(Collected data)
----------

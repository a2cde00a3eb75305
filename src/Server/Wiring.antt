-- ===== src/Server/Wiring.antt =====
-- The callbacks of the registry under the calls of server/main.cpp: each points to a connection that the
-- server holds and that is connected, while tokens last.
use mathlib.Core.Path.{subst}
use irc_chat.Base.{nat_eq}
use irc_chat.Base.{
  ℕ, ◌+◌, ◌≤◌, ◌<◌, ◌≡◌, refl, sym, ◌∙◌, ap, Bool, true, [], ◌∷◌, none, some, arith, Str, lookup,
  Map, inl, inr, Bool-cases, if◌then◌else◌, ◌==◌, ==_iff,
}
use irc_chat.Connection.Frugal.{idle_of, IsFrugal-same, disconnect-IsFrugal}
use irc_chat.Connection.Recv.{store_chunk, drop_message}
use irc_chat.Connection.Rewiring.{
  same-IsRewired, send_text-IsRewired, disconnect-IsRewired, send_text-connected,
}
use irc_chat.Connection.Wiring.{
  IsWired, IsKept, IsRewired, HasFront, lookup-written, update-IsWired,
}
use irc_chat.Connection.{Connection, send_text, send_message, disconnect}
use irc_chat.Message.Print.{to_string}
use irc_chat.Message.{Message}
use irc_chat.Registry.{size_mod, PollRegistry}
use irc_chat.Server.Keeping.Reading.{poll_recv-Ensures}
use irc_chat.Server.Loop.{RecvResult, poll_recv}
use irc_chat.Server.Keeping.{Ensures, IsStable, CanReply, called}
use irc_chat.Server.Loop.Poll.Budget.{
  IsWithin, IsWithin-IsStable, IsWithin-CanReply, idle_count, called-IsWithin,
}
use irc_chat.Server.World.{World, send_if_connected}

-- The callbacks are served, within the room.
pub record IsOrderly (entries tokens ids : ℕ) (r₀ : PollRegistry) (w : World) : Type 0 where
  pub within : IsWithin entries tokens ids r₀ w
  pub wired : IsWired w.connections w.registry

-- The connection is there, and `b` says whether it is connected.
abbrev pub HasState : Bool → ℕ → World → Type 0
HasState b id w = (c : Connection) × (lookup id w.connections ≡ some c) × (c.connected ≡ b)

abbrev pub IsUp : ℕ → World → Type 0
IsUp = HasState true

pub record IsOpen (entries tokens ids : ℕ) (r₀ : PollRegistry) (id : ℕ) (w : World) : Type 0 where
  pub orderly : IsOrderly entries tokens ids r₀ w
  pub up : IsUp id w

idle_count-lookup :
    (id : ℕ) (c : Connection) (m : Map ℕ Connection)
    → lookup id m ≡ some c
    → idle_of c ≤ idle_count m
unfolding idle_count lookup
idle_count-lookup id c [] e = cc
idle_count-lookup id c ((k, d) ∷ m) e = ground (arith, idle_count-lookup id c m)

module _ (entries tokens ids : ℕ) (r₀ : PollRegistry) (room : tokens + 1 < size_mod) where
  -- An idle connection may still get a token.
  token_room :
      (w : World) (k : ℕ) (c : Connection)
      → lookup k w.connections ≡ some c
      → IsWithin entries tokens ids r₀ w
      → c.send_tok ≡ none
      → w.registry.next_tok + 1 < size_mod
  token_room w k c there h idle =
      let one : idle_of c ≡ 1 = ground arith in
      omega (arith, idle_count-lookup k c w.connections there, h.few_tokens)

  send-IsRewired :
      (s : Str) (w : World) (k : ℕ) (c : Connection)
      → lookup k w.connections ≡ some c
      → c.connected ≡ true
      → IsOrderly entries tokens ids r₀ w
      → IsRewired c w.registry (send_text s c w.registry).0 (send_text s c w.registry).1
  send-IsRewired s w k c there up h =
      send_text-IsRewired s c w.registry h.wired.registry up (token_room w k c there h.within)

  member-IsRewired :
      (msg : Message) (w : World) (k : ℕ) (c : Connection)
      → lookup k w.connections ≡ some c
      → IsOrderly entries tokens ids r₀ w
      → IsRewired c w.registry
          (send_if_connected msg c w.registry).0
          (send_if_connected msg c w.registry).1
  member-IsRewired msg w k c there h = elim (Bool-cases c.connected) [
    | inl up ↦
        subst (λ p. IsRewired c w.registry p.0 p.1)
          (ap (λ b. if b then send_text (to_string msg) c w.registry else (c, w.registry)) (sym up))
          (send-IsRewired (to_string msg) w k c there up h)
    | inr down ↦
        subst (λ p. IsRewired c w.registry p.0 p.1)
          (ap (λ b. if b then send_text (to_string msg) c w.registry else (c, w.registry))
            (sym down))
          (same-IsRewired c c w.registry h.wired.registry refl (λ q. q)
            (λ t. record { recv = λ p q. (p, q); send = λ p q. (p, q) }))
  ]

  pub IsOrderly-IsStable : IsStable (IsOrderly entries tokens ids r₀)
  IsOrderly-IsStable = record {
    on_db = λ w db h. record {
      within = (IsWithin-IsStable entries tokens ids r₀).on_db w db h.within;
      wired = h.wired;
    };
    on_member = λ w k c msg e h. record {
      within = (IsWithin-IsStable entries tokens ids r₀).on_member w k c msg e h.within;
      wired =
          update-IsWired w.connections w.registry _ k c _ e h.wired
            (member-IsRewired msg w k c e h);
    };
  }

pub state-called :
    {b : Bool} (f : Connection → PollRegistry → Connection × PollRegistry)
    → ((c : Connection) (r : PollRegistry) → (f c r).0.connected ≡ c.connected)
    → (id k : ℕ) (w : World) (c : Connection) → lookup k w.connections ≡ some c
    → HasState b id w
    → HasState b id (called f k c w)
state-called f same id k w c there (d, at, up) = elim (Bool-cases (k == id)) [
  | inr other ↦
      (d, ground (arith, lookup-written w.connections k c (f c w.registry).0 there id), up)
  | inl hit ↦
      let e : c ≡ d = ground (arith, ==_iff k id, there, at) in
      (
        (f c w.registry).0,
        ground (arith, lookup-written w.connections k c (f c w.registry).0 there id),
        same c w.registry ∙ ap (λ x. x.connected) e ∙ up,
      )
]

pub member-connected :
    (msg : Message) (c : Connection) (r : PollRegistry)
    → (send_if_connected msg c r).0.connected ≡ c.connected
member-connected msg c r = ground (arith, send_text-connected (to_string msg) c r)

module _ (entries tokens ids : ℕ) (r₀ : PollRegistry) (room : tokens + 1 < size_mod) (id : ℕ) where
  IsOpen-IsStable : IsStable (IsOpen entries tokens ids r₀ id)
  IsOpen-IsStable = record {
    on_db = λ w db h. record {
      orderly = (IsOrderly-IsStable entries tokens ids r₀ room).on_db w db h.orderly;
      up = h.up;
    };
    on_member = λ w k c msg e h. record {
      orderly = (IsOrderly-IsStable entries tokens ids r₀ room).on_member w k c msg e h.orderly;
      up = state-called (send_if_connected msg) (member-connected msg) id k w c e h.up;
    };
  }

  is_up :
      (w : World) (c : Connection)
      → lookup id w.connections ≡ some c
      → IsUp id w
      → c.connected ≡ true
  is_up w c there (d, at, up) = ground (arith, there, at)

  IsOpen-CanReply : CanReply id (IsOpen entries tokens ids r₀ id)
  unfolding send_message
  IsOpen-CanReply = record {
    on_reply = λ w c msg e h. record {
      orderly = record {
        within = (IsWithin-CanReply entries tokens ids r₀ id).on_reply w c msg e h.orderly.within;
        wired = update-IsWired w.connections w.registry _ id c _ e h.orderly.wired (
            send-IsRewired entries tokens ids r₀ room (to_string msg) w id c e (is_up w c e h.up)
              h.orderly);
      };
      up = state-called (send_message msg) (send_text-connected (to_string msg)) id id w c e h.up;
    };
  }

  buffer-IsOrderly :
      (f : Connection → Connection)
      → ((c : Connection) → (f c).id ≡ c.id)
      → ((c : Connection)
          → HasFront c.send_buf c.send_queue
          → HasFront (f c).send_buf (f c).send_queue)
      → ((c : Connection) (t : ℕ) → IsKept c (f c) t)
      → ((c : Connection) → (f c).send_tok ≡ c.send_tok)
      → (w : World) (c : Connection) → lookup id w.connections ≡ some c
      → IsOrderly entries tokens ids r₀ w
      → IsOrderly entries tokens ids r₀ (called (λ c r. (f c, r)) id c w)
  buffer-IsOrderly f own front kept tok w c e h = record {
    within =
        called-IsWithin entries tokens ids r₀ (λ c r. (f c, r))
          (λ c r. IsFrugal-same c (f c) r (tok c)) id w c e h.within;
    wired =
        update-IsWired w.connections w.registry w.registry id c (f c) e h.wired
          (same-IsRewired c (f c) w.registry h.wired.registry (own c) (front c) (kept c));
  }

  pub recv-IsOrderly :
      (res : RecvResult)
      → Ensures
          (IsOpen entries tokens ids r₀ id)
          (IsOrderly entries tokens ids r₀)
          (poll_recv id res)
  unfolding store_chunk drop_message
  recv-IsOrderly res =
      poll_recv-Ensures (IsOpen entries tokens ids r₀ id) (IsOrderly entries tokens ids r₀)
        IsOpen-IsStable id IsOpen-CanReply (λ w h. h.orderly)
        (λ w c e h. record {
          within =
              called-IsWithin entries tokens ids r₀ disconnect disconnect-IsFrugal id w c e
                h.orderly.within;
          wired =
              update-IsWired w.connections w.registry _ id c _ e h.orderly.wired
                (disconnect-IsRewired c w.registry h.orderly.wired.registry (is_up w c e h.up));
        })
        (λ w c chunk e h. record {
          orderly =
              buffer-IsOrderly (store_chunk chunk) (λ c. refl) (λ c q. q)
                (λ c t. record { recv = λ p q. (p, q); send = λ p q. (p, q) }) (λ c. refl) w c e
                h.orderly;
          up = state-called (λ c r. (store_chunk chunk c, r)) (λ c r. refl) id id w c e h.up;
        })
        (λ w c n e h.
          buffer-IsOrderly (drop_message n) (λ c. refl) (λ c q. q)
            (λ c t. record { recv = λ p q. (p, q); send = λ p q. (p, q) }) (λ c. refl) w c e h)
        res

----------

EXERCISE INSTRUCTIONS: What is needed is every line from the beginning of the data up to and including the line with "abbrev pub HasState", given again word for word.

OUTPUT FOR THIS EXERCISE:
repository a2cde00a3eb75305
filename src/Server/Wiring.antt
-- ===== src/Server/Wiring.antt =====
-- The callbacks of the registry under the calls of server/main.cpp: each points to a connection that the
-- server holds and that is connected, while tokens last.
use mathlib.Core.Path.{subst}
use irc_chat.Base.{nat_eq}
use irc_chat.Base.{
  ℕ, ◌+◌, ◌≤◌, ◌<◌, ◌≡◌, refl, sym, ◌∙◌, ap, Bool, true, [], ◌∷◌, none, some, arith, Str, lookup,
  Map, inl, inr, Bool-cases, if◌then◌else◌, ◌==◌, ==_iff,
}
use irc_chat.Connection.Frugal.{idle_of, IsFrugal-same, disconnect-IsFrugal}
use irc_chat.Connection.Recv.{store_chunk, drop_message}
use irc_chat.Connection.Rewiring.{
  same-IsRewired, send_text-IsRewired, disconnect-IsRewired, send_text-connected,
}
use irc_chat.Connection.Wiring.{
  IsWired, IsKept, IsRewired, HasFront, lookup-written, update-IsWired,
}
use irc_chat.Connection.{Connection, send_text, send_message, disconnect}
use irc_chat.Message.Print.{to_string}
use irc_chat.Message.{Message}
use irc_chat.Registry.{size_mod, PollRegistry}
use irc_chat.Server.Keeping.Reading.{poll_recv-Ensures}
use irc_chat.Server.Loop.{RecvResult, poll_recv}
use irc_chat.Server.Keeping.{Ensures, IsStable, CanReply, called}
use irc_chat.Server.Loop.Poll.Budget.{
  IsWithin, IsWithin-IsStable, IsWithin-CanReply, idle_count, called-IsWithin,
}
use irc_chat.Server.World.{World, send_if_connected}

-- The callbacks are served, within the room.
pub record IsOrderly (entries tokens ids : ℕ) (r₀ : PollRegistry) (w : World) : Type 0 where
  pub within : IsWithin entries tokens ids r₀ w
  pub wired : IsWired w.connections w.registry

-- The connection is there, and `b` says whether it is connected.
abbrev pub HasState : Bool → ℕ → World → Type 0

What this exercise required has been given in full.